---------- Working data

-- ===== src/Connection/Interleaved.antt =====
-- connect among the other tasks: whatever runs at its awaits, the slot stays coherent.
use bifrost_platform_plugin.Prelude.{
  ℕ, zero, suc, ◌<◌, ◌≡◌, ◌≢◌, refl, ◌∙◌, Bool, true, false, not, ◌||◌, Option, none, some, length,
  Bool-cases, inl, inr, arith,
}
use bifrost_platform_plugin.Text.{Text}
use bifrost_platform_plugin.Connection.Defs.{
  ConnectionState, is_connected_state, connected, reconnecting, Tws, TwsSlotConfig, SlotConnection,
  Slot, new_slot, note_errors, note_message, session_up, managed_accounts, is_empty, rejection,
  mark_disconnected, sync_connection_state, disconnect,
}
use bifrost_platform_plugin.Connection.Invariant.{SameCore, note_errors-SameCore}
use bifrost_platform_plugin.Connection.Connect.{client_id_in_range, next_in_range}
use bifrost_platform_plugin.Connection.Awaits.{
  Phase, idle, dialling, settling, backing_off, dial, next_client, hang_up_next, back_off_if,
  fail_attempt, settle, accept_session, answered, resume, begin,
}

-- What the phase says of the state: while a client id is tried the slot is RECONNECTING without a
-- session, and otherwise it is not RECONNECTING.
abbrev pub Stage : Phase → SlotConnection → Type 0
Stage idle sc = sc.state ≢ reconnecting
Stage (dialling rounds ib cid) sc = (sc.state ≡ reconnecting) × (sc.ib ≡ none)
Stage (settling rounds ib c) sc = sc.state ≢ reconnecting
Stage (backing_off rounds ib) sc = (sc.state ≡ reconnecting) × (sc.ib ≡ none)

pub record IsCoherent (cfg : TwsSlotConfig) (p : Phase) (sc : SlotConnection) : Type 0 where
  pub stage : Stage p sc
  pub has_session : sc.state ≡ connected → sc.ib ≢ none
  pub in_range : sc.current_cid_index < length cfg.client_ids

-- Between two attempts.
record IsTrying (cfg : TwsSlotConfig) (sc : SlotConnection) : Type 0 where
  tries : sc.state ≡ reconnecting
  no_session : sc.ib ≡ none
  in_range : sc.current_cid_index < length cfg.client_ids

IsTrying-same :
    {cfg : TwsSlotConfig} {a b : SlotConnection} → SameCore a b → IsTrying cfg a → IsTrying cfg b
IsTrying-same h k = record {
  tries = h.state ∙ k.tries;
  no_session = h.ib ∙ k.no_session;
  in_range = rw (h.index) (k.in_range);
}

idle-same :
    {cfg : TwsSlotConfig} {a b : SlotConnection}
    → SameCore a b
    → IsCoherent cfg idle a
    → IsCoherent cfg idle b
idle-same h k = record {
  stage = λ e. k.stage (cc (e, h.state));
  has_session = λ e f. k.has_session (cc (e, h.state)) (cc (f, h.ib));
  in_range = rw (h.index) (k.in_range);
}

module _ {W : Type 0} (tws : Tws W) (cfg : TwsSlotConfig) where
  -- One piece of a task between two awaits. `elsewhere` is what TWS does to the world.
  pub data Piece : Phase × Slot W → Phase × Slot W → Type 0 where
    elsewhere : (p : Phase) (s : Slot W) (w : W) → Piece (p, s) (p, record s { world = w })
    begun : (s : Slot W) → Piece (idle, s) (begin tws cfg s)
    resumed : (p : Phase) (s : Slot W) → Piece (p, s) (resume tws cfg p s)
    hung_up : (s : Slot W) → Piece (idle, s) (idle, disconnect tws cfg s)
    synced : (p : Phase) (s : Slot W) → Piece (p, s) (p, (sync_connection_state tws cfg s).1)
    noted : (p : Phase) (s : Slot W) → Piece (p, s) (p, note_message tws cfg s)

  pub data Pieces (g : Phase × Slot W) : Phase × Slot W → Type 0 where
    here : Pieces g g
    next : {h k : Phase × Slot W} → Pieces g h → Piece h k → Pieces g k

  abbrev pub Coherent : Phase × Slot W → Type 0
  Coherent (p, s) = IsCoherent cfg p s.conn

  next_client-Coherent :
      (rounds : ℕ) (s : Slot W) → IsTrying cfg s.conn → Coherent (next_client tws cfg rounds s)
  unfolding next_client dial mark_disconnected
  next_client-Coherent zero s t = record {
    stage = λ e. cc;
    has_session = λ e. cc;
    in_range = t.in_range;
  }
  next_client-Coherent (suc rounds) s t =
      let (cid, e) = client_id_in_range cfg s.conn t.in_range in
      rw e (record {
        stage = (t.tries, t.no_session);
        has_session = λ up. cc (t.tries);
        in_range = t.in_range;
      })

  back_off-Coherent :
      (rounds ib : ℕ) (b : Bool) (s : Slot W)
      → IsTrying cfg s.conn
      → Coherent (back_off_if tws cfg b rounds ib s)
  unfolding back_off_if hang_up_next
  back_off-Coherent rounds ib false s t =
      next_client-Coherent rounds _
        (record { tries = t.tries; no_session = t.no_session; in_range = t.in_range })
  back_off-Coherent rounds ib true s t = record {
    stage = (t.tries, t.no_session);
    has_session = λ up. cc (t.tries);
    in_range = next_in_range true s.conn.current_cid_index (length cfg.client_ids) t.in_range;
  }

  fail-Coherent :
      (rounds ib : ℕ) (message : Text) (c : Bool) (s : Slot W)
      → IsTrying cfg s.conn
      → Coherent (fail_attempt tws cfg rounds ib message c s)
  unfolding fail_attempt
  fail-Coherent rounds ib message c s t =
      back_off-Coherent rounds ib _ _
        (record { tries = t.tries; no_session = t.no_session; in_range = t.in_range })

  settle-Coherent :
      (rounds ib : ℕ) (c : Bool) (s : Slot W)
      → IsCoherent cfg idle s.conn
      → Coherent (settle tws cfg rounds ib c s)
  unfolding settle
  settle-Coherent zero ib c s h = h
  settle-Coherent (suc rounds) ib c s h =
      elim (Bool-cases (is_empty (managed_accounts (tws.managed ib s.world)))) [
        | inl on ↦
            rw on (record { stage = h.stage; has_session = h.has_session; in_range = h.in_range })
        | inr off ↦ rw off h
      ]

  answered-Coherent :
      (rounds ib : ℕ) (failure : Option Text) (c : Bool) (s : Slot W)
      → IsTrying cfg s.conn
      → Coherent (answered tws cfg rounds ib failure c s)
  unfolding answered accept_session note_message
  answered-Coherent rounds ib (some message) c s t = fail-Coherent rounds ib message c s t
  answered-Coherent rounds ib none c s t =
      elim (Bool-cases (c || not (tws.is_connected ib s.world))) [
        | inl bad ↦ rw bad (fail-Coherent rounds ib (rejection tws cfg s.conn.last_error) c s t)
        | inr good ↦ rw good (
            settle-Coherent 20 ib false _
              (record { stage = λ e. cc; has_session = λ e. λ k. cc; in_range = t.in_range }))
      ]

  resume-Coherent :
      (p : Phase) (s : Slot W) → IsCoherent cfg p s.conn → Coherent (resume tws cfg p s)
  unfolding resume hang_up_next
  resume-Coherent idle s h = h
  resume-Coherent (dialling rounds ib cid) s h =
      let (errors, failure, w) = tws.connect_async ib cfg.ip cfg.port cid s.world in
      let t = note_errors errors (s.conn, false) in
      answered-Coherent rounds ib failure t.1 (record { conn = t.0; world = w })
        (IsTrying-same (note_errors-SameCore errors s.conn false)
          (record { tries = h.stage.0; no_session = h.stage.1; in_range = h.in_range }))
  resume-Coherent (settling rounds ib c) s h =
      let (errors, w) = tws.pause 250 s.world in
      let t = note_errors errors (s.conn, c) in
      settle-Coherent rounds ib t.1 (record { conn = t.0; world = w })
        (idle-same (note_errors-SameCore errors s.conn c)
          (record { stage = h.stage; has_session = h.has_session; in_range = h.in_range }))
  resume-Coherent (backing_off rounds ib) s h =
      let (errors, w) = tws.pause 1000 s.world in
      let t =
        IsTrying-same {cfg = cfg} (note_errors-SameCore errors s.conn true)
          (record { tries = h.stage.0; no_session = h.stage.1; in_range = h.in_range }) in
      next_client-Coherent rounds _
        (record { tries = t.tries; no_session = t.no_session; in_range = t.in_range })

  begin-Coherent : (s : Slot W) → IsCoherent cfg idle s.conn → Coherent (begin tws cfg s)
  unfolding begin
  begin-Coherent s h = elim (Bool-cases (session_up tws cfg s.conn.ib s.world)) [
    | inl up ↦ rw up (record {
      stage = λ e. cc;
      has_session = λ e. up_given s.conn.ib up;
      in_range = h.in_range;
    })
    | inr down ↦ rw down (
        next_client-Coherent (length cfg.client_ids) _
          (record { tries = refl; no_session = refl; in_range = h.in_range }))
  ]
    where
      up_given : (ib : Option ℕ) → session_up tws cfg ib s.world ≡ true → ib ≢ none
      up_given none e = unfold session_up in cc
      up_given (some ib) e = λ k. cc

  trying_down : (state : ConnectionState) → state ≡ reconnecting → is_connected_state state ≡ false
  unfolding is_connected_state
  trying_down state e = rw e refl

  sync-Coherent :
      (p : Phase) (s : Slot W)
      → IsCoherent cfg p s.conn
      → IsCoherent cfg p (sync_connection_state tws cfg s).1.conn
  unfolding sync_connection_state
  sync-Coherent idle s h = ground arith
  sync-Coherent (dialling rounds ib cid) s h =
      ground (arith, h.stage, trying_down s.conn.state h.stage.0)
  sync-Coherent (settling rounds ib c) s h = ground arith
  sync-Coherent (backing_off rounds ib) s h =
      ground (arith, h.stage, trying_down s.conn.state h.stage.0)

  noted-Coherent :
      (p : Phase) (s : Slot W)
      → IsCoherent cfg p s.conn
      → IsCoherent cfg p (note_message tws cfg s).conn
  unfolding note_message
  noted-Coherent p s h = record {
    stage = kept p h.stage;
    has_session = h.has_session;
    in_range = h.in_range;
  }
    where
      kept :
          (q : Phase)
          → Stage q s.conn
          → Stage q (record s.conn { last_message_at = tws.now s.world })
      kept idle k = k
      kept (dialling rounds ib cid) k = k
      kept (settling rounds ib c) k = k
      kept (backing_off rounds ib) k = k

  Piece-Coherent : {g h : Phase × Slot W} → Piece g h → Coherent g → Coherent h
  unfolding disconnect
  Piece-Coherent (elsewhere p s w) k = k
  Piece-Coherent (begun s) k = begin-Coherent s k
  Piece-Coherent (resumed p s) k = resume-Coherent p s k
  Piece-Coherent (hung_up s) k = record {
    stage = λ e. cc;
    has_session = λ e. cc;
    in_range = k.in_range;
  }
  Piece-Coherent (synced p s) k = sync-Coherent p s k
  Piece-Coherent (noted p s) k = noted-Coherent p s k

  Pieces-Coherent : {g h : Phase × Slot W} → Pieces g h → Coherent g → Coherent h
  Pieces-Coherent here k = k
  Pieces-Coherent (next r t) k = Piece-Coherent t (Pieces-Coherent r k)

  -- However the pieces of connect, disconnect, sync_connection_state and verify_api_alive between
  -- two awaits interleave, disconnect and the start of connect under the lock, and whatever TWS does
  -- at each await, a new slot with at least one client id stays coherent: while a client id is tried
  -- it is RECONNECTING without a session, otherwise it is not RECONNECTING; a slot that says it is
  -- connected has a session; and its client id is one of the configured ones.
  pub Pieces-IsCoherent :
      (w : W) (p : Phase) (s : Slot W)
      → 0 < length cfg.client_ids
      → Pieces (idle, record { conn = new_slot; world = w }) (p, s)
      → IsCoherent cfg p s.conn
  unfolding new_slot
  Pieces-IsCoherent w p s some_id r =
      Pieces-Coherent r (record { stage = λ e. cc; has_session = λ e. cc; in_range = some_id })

--------------------

* [What to do]: Take the entries above and return only the lines from the one with "-- Between two attempts." to the one with "next_client-Coherent zero s", both included, unchanged.

* [Answer to this exercise]:
-- Between two attempts.
record IsTrying (cfg : TwsSlotConfig) (sc : SlotConnection) : Type 0 where
  tries : sc.state ≡ reconnecting
  no_session : sc.ib ≡ none
  in_range : sc.current_cid_index < length cfg.client_ids

IsTrying-same :
    {cfg : TwsSlotConfig} {a b : SlotConnection} → SameCore a b → IsTrying cfg a → IsTrying cfg b
IsTrying-same h k = record {
  tries = h.state ∙ k.tries;
  no_session = h.ib ∙ k.no_session;
  in_range = rw (h.index) (k.in_range);
}

idle-same :
    {cfg : TwsSlotConfig} {a b : SlotConnection}
    → SameCore a b
    → IsCoherent cfg idle a
    → IsCoherent cfg idle b
idle-same h k = record {
  stage = λ e. k.stage (cc (e, h.state));
  has_session = λ e f. k.has_session (cc (e, h.state)) (cc (f, h.ib));
  in_range = rw (h.index) (k.in_range);
}

module _ {W : Type 0} (tws : Tws W) (cfg : TwsSlotConfig) where
  -- One piece of a task between two awaits. `elsewhere` is what TWS does to the world.
  pub data Piece : Phase × Slot W → Phase × Slot W → Type 0 where
    elsewhere : (p : Phase) (s : Slot W) (w : W) → Piece (p, s) (p, record s { world = w })
    begun : (s : Slot W) → Piece (idle, s) (begin tws cfg s)
    resumed : (p : Phase) (s : Slot W) → Piece (p, s) (resume tws cfg p s)
    hung_up : (s : Slot W) → Piece (idle, s) (idle, disconnect tws cfg s)
    synced : (p : Phase) (s : Slot W) → Piece (p, s) (p, (sync_connection_state tws cfg s).1)
    noted : (p : Phase) (s : Slot W) → Piece (p, s) (p, note_message tws cfg s)

  pub data Pieces (g : Phase × Slot W) : Phase × Slot W → Type 0 where
    here : Pieces g g
    next : {h k : Phase × Slot W} → Pieces g h → Piece h k → Pieces g k

  abbrev pub Coherent : Phase × Slot W → Type 0
  Coherent (p, s) = IsCoherent cfg p s.conn

  next_client-Coherent :
      (rounds : ℕ) (s : Slot W) → IsTrying cfg s.conn → Coherent (next_client tws cfg rounds s)
  unfolding next_client dial mark_disconnected
  next_client-Coherent zero s t = record {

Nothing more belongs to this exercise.